What are the performance implications for millions of files in a modern file system?
Solution 1:
The reason one would create this sort of directory structure is that filesystems must locate a file within a directory, and the larger the directory is, the slower that operation.
How much slower depends on the filesystem design.
The ext4 filesystem uses a B-tree to store directory entries. A lookup on this table is expected to take O(log n) time, which most of the time is less than the naive linear table that ext3 and previous filesystems used (and when it isn't, the directory is too small for it to really matter).
The XFS filesystem uses a B+tree instead. The advantage of this over a hash table or B-tree is that any node may have multiple children b, where in XFS b varies and can be as high as 254 (or 19 for the root node; and these numbers may be out of date). This gives you a time complexity of O(logb n), a vast improvement.
Either of these filesystems can handle tens of thousands of files in a single directory, with XFS being significantly faster than ext4 on a directory with the same number of inodes. But you probably don't want a single directory with 3M inodes, as even with a B+tree the lookup can take some time. This is what led to creating directories in this manner in the first place.
As for your proposed structures, the first option you gave is exactly what is shown in nginx examples. It will perform well on either filesystem, though XFS will still have a bit of an advantage. The second option may perform slightly better or slightly worse, but it will probably be pretty close, even on benchmarks.
Solution 2:
In my experience, one of the scaling factors is the size of the inodes given a hash-name partitioning strategy.
Both of your proposed options creates up to three inode entries for each created file. Also, 732 files will create an inode that is still less than the usual 16KB. To me, this means either option will perform the same.

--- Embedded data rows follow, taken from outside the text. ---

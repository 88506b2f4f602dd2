-- ===== src/Transport/Scheduler/Priority.antt =====
-- The priority of a piece, and its cache.
use qvod_player.Prelude.{ℕ, ◌+◌, ◌≤◌, ◌<◌, ◌≡◌, ◌≢◌, ◌↔◌, ◌⊎◌, none, arith, Option-cases}
use qvod_player.Core.Meta.{critical, high, low}
use qvod_player.Transport.Scheduler.Defs.{
  PieceScheduler, cached, by_distance, calculate_priority, set_playhead, set_seek_target,
}

-- A piece that has no cached priority gets it by its distance from the playhead: critical at the
-- playhead, high up to two pieces away, normal up to sixteen, low beyond.
pub calculate_priority_fresh :
    (s : PieceScheduler) (piece : ℕ)
    → cached s.priority_cache piece ≡ none
    → let v = (calculate_priority s piece).0 in
      let head = s.playhead_piece in
      ((v ≡ critical) ↔ (piece ≡ head))
      × ((v ≡ high) ↔ ((piece ≢ head) × (piece ≤ head + 2) × (head ≤ piece + 2)))
      × ((v ≡ low) ↔ ((head + 16 < piece) ⊎ (piece + 16 < head)))
unfolding calculate_priority by_distance
calculate_priority_fresh s piece h = ground (arith, h)

-- Once calculated, the priority of a piece stays the same, although the playhead and the seek target
-- move.
pub calculate_priority_stale :
    (s : PieceScheduler) (piece playhead target : ℕ)
    → let (v, t) = calculate_priority s piece in
      ((calculate_priority (set_playhead t playhead) piece).0 ≡ v)
      × ((calculate_priority (set_seek_target t target) piece).0 ≡ v)
unfolding calculate_priority cached set_playhead set_seek_target
calculate_priority_stale s piece playhead target =
    ground (arith, Option-cases (cached s.priority_cache piece))
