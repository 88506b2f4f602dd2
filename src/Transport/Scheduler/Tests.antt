-- ===== src/Transport/Scheduler/Tests.antt =====
-- The theorems on the scheduler at concrete inputs.
use qvod_player.Prelude.{
  ascii, ℕ, ◌≡◌, refl, false, ◌&&◌, none, some, List, [], ◌∷◌, map, ltb, if◌then◌else◌, Bytes, All,
}
use qvod_player.Core.Meta.{FileMeta, PiecePriority, critical, high, normal, low}
use qvod_player.Core.Meta
use qvod_player.Core.Bitfield.Defs.{Bitfield, has, count}
use qvod_player.Core.Bitfield.Bits
use qvod_player.Transport.Scheduler.Defs
use qvod_player.Transport.Scheduler.Defs.{
  PieceScheduler, new, mark_completed, mark_requested, set_playhead, set_seek_target, num_pieces,
  update_download_queue, calculate_priority, cached, peer_count, select_peer_for_piece,
  next_request,
}
use qvod_player.Transport.Scheduler.Queue.{update_download_queue_pieces, is_wanted, occurrences}
use qvod_player.Transport.Scheduler.Order.{
  update_download_queue_order, Descending, IsScored, holders,
}

abbrev file : FileMeta
file = record {
  info_hash = [];
  filename = ascii "film";
  file_size = 1000;
  piece_length = 300;
  pieces = [];
  keyframe_index = none;
  duration_ms = 0;
  video_codec = none;
  audio_codec = none;
  width = 0;
  height = 0;
  bitrate = 0;
  from_cache = false;
}

abbrev started : PieceScheduler
started = mark_requested (mark_completed (new file) 0) 2

-- Pieces 0, 1 and 3; pieces 3 and 4 of four, the last bit spare.
abbrev left_peer : Bitfield
left_peer = record { bytes = 208 ∷ []; num_pieces = 4 }

abbrev right_peer : Bitfield
right_peer = record { bytes = 16 ∷ []; num_pieces = 4 }

abbrev peers : List Bitfield
peers = left_peer ∷ right_peer ∷ []

abbrev queued : PieceScheduler
queued = record started {
  download_queue = 1 ∷ 3 ∷ [];
  priority_cache = (3, normal) ∷ (1, high) ∷ [];
}

four : num_pieces started ≡ some 4
unfolding num_pieces Meta.num_pieces new mark_completed mark_requested
four = refl

update_run : update_download_queue started peers ≡ some queued
unfolding update_download_queue num_pieces Meta.num_pieces new mark_completed mark_requested
    Defs.insert Defs.remove Defs.contains Defs.score_loop Defs.count_peers Defs.count_pieces
    Defs.peer_count Defs.sort_scored Defs.place calculate_priority Defs.by_distance Defs.cached has
    Bits.has_bit
update_run = refl

update_download_queue_pieces_example :
    occurrences 3 queued.download_queue
    ≡ (if ltb 3 4 && is_wanted started.completed started.requested 3 then 1 else 0)
update_download_queue_pieces_example =
    update_download_queue_pieces started peers 4 queued 3 four update_run

update_download_queue_order_example :
    (l : List (ℕ × ℕ)) × (queued.download_queue ≡ map (λ x. x.0) l)
    × Descending l
    × All
        (IsScored queued.priority_cache (peer_count peers) (holders 4 peers) started.seek_target)
        l
update_download_queue_order_example =
    update_download_queue_order started peers 4 queued four update_run

nothing_cached : cached started.priority_cache 1 ≡ none
unfolding cached new mark_completed mark_requested
nothing_cached = refl

abbrev named : List (Bytes × Bitfield)
named = (7 ∷ [], left_peer) ∷ (8 ∷ [], right_peer) ∷ []

select_run : select_peer_for_piece 3 named ≡ some (8 ∷ [])
unfolding select_peer_for_piece Defs.least has Bits.has_bit count Bits.count_ones
select_run = refl
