-- ===== src/Alarm/Rta.antt =====
-- crates/pnio/src/alarm/rta.rs: reading and writing alarm frames.
pub mod Content
pub mod Parse
pub mod Build
pub mod Blocks
pub mod RoundTrip
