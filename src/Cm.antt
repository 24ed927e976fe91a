-- ===== src/Cm.antt =====
-- crates/pnio/src/cm: the context manager.
pub mod Status
pub mod Block
pub mod Cursor
pub mod Abort
pub mod Model
pub mod Requests
pub mod Control
pub mod Connect
pub mod Write
pub mod Records
pub mod Ar
pub mod Manager
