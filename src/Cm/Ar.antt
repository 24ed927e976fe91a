-- ===== src/Cm/Ar.antt =====
-- crates/pnio/src/cm/ar.rs: the state machine of the application relationship.
pub mod Types
pub mod Ops
pub mod Invariant
pub mod Sequence
pub mod Transitions
pub mod Timers
pub mod Answers
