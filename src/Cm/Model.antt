-- ===== src/Cm/Model.antt =====
-- crates/pnio/src/cm/model.rs: the device's slots and submodules. Strings are their UTF-8 bytes.
use pnio_rs.Prelude.{ℕ, Option, none, some, List, Bytes, find, ◌==◌}
use pnio_rs.Eth.Header.{MacAddr}
use pnio_rs.Rpc.Uuid.{Uuid, pnio_object}

pub record SubmoduleModel : Type 0 where
  pub subslot : ℕ
  pub submodule_ident : ℕ
  pub input_len : ℕ
  pub output_len : ℕ

pub record SlotModel : Type 0 where
  pub slot : ℕ
  pub module_ident : ℕ
  pub submodules : List SubmoduleModel

pub record DeviceModel : Type 0 where
  pub vendor_id : ℕ
  pub device_id : ℕ
  pub instance_id : ℕ
  pub station_name : Bytes
  pub mac : MacAddr
  pub max_alarm_data_length : ℕ
  pub slots : List SlotModel

unfoldable pub find_slot : DeviceModel → ℕ → Option SlotModel
find_slot model slot = find (λ s. s.slot == slot) model.slots

abbrev pub submodule_in : Option SlotModel → ℕ → Option SubmoduleModel
submodule_in none subslot = none
submodule_in (some s) subslot = find (λ sm. sm.subslot == subslot) s.submodules

-- `DeviceModel::find`
unfoldable pub find_submodule : DeviceModel → ℕ → ℕ → Option SubmoduleModel
find_submodule model slot subslot = submodule_in (find_slot model slot) subslot

unfoldable pub object_uuid : DeviceModel → Uuid
object_uuid model = pnio_object model.instance_id model.device_id model.vendor_id
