-- ===== src/Cm/Requests.antt =====
-- crates/pnio/src/cm/block.rs: the blocks of a Connect request.
pub mod Parse
use pnio_rs.Prelude.{ℕ, Option, List, Bytes}
use pnio_rs.Eth.Header.{MacAddr}
use pnio_rs.Rpc.Uuid.{Uuid}

pub record ArBlockReq : Type 0 where
  pub ar_type : ℕ
  pub ar_uuid : Uuid
  pub session_key : ℕ
  pub initiator_mac : MacAddr
  pub initiator_object_uuid : Uuid
  pub ar_properties : ℕ
  pub activity_timeout_factor : ℕ
  pub initiator_udp_rt_port : ℕ
  pub station_name : Bytes

pub record IocrObject : Type 0 where
  pub slot : ℕ
  pub subslot : ℕ
  pub frame_offset : ℕ

pub record IocrApi : Type 0 where
  pub api : ℕ
  pub io_data : List IocrObject
  pub iocs : List IocrObject

pub record IocrBlockReq : Type 0 where
  pub iocr_type : ℕ
  pub reference : ℕ
  pub lt : ℕ
  pub properties : ℕ
  pub data_length : ℕ
  pub frame_id : ℕ
  pub send_clock_factor : ℕ
  pub reduction_ratio : ℕ
  pub phase : ℕ
  pub sequence : ℕ
  pub frame_send_offset : ℕ
  pub watchdog_factor : ℕ
  pub data_hold_factor : ℕ
  pub tag_header : ℕ
  pub multicast_mac : MacAddr
  pub apis : List IocrApi

pub record DataDescription : Type 0 where
  pub data_length : ℕ
  pub length_iocs : ℕ
  pub length_iops : ℕ

pub record ExpectedSubmodule : Type 0 where
  pub subslot : ℕ
  pub submodule_ident : ℕ
  pub properties : ℕ
  pub input : Option DataDescription
  pub output : Option DataDescription

pub record ExpectedApi : Type 0 where
  pub api : ℕ
  pub slot : ℕ
  pub module_ident : ℕ
  pub module_properties : ℕ
  pub submodules : List ExpectedSubmodule

pub record ExpectedSubmoduleBlockReq : Type 0 where
  pub apis : List ExpectedApi

pub record AlarmCrBlockReq : Type 0 where
  pub alarm_cr_type : ℕ
  pub lt : ℕ
  pub properties : ℕ
  pub rta_timeout_factor : ℕ
  pub rta_retries : ℕ
  pub local_alarm_reference : ℕ
  pub max_alarm_data_length : ℕ
  pub tag_header_high : ℕ
  pub tag_header_low : ℕ
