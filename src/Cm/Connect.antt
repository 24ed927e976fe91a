-- ===== src/Cm/Connect.antt =====
-- crates/pnio/src/cm/connect.rs: the Connect request's grouped blocks and the parameters of an AR.
pub mod Parse
pub mod Validate
pub mod Respond
pub mod Accepted
use pnio_rs.Prelude.{ℕ, List, Bytes}
use pnio_rs.Eth.Header.{MacAddr}
use pnio_rs.Rpc.Uuid.{Uuid}
use pnio_rs.Cm.Requests.{
  ArBlockReq, IocrObject, IocrBlockReq, ExpectedSubmoduleBlockReq, AlarmCrBlockReq,
}

pub record ConnectReq : Type 0 where
  pub ar : ArBlockReq
  pub iocrs : List IocrBlockReq
  pub expected : List ExpectedSubmoduleBlockReq
  pub alarm_cr : AlarmCrBlockReq

pub record IocrParams : Type 0 where
  pub reference : ℕ
  pub frame_id : ℕ
  pub data_length : ℕ
  pub send_clock_factor : ℕ
  pub reduction_ratio : ℕ
  pub watchdog_factor : ℕ
  pub data_hold_factor : ℕ
  pub io_data : List IocrObject
  pub iocs : List IocrObject

pub record ArParams : Type 0 where
  pub ar_uuid : Uuid
  pub session_key : ℕ
  pub initiator_mac : MacAddr
  pub initiator_object_uuid : Uuid
  pub activity_timeout_factor : ℕ
  pub input_cr : IocrParams
  pub output_cr : IocrParams
  pub alarm_ref_remote : ℕ
  pub max_alarm_data_length : ℕ
  pub max_alarm_data_length_remote : ℕ
  pub rta_timeout_factor : ℕ
  pub rta_retries : ℕ
  pub alarm_ref_local : ℕ
  pub alarm_tag_high : ℕ
  pub alarm_tag_low : ℕ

I applaud you on your short hash; previous systems I've worked on have taken the sha1sum of the given file and spliced directories based on that string, a much harder problem.
Solution 3:
Certainly either option will help reduce the number of files in a directory to something that seems reasonable, for xfs or ext4 or whatever file system. It is not obvious which is better, would have to test to tell.
Benchmark with your application simulating something like the real workload is ideal. Otherwise, come up with something that simulates many small files specifically. Speaking of that, here's an open source one called smallfile. Its documentation references some other tools.
hdparm
doing sustained I/O isn't as useful. It won't show the many small I/Os or giant directory entries associated with very many files.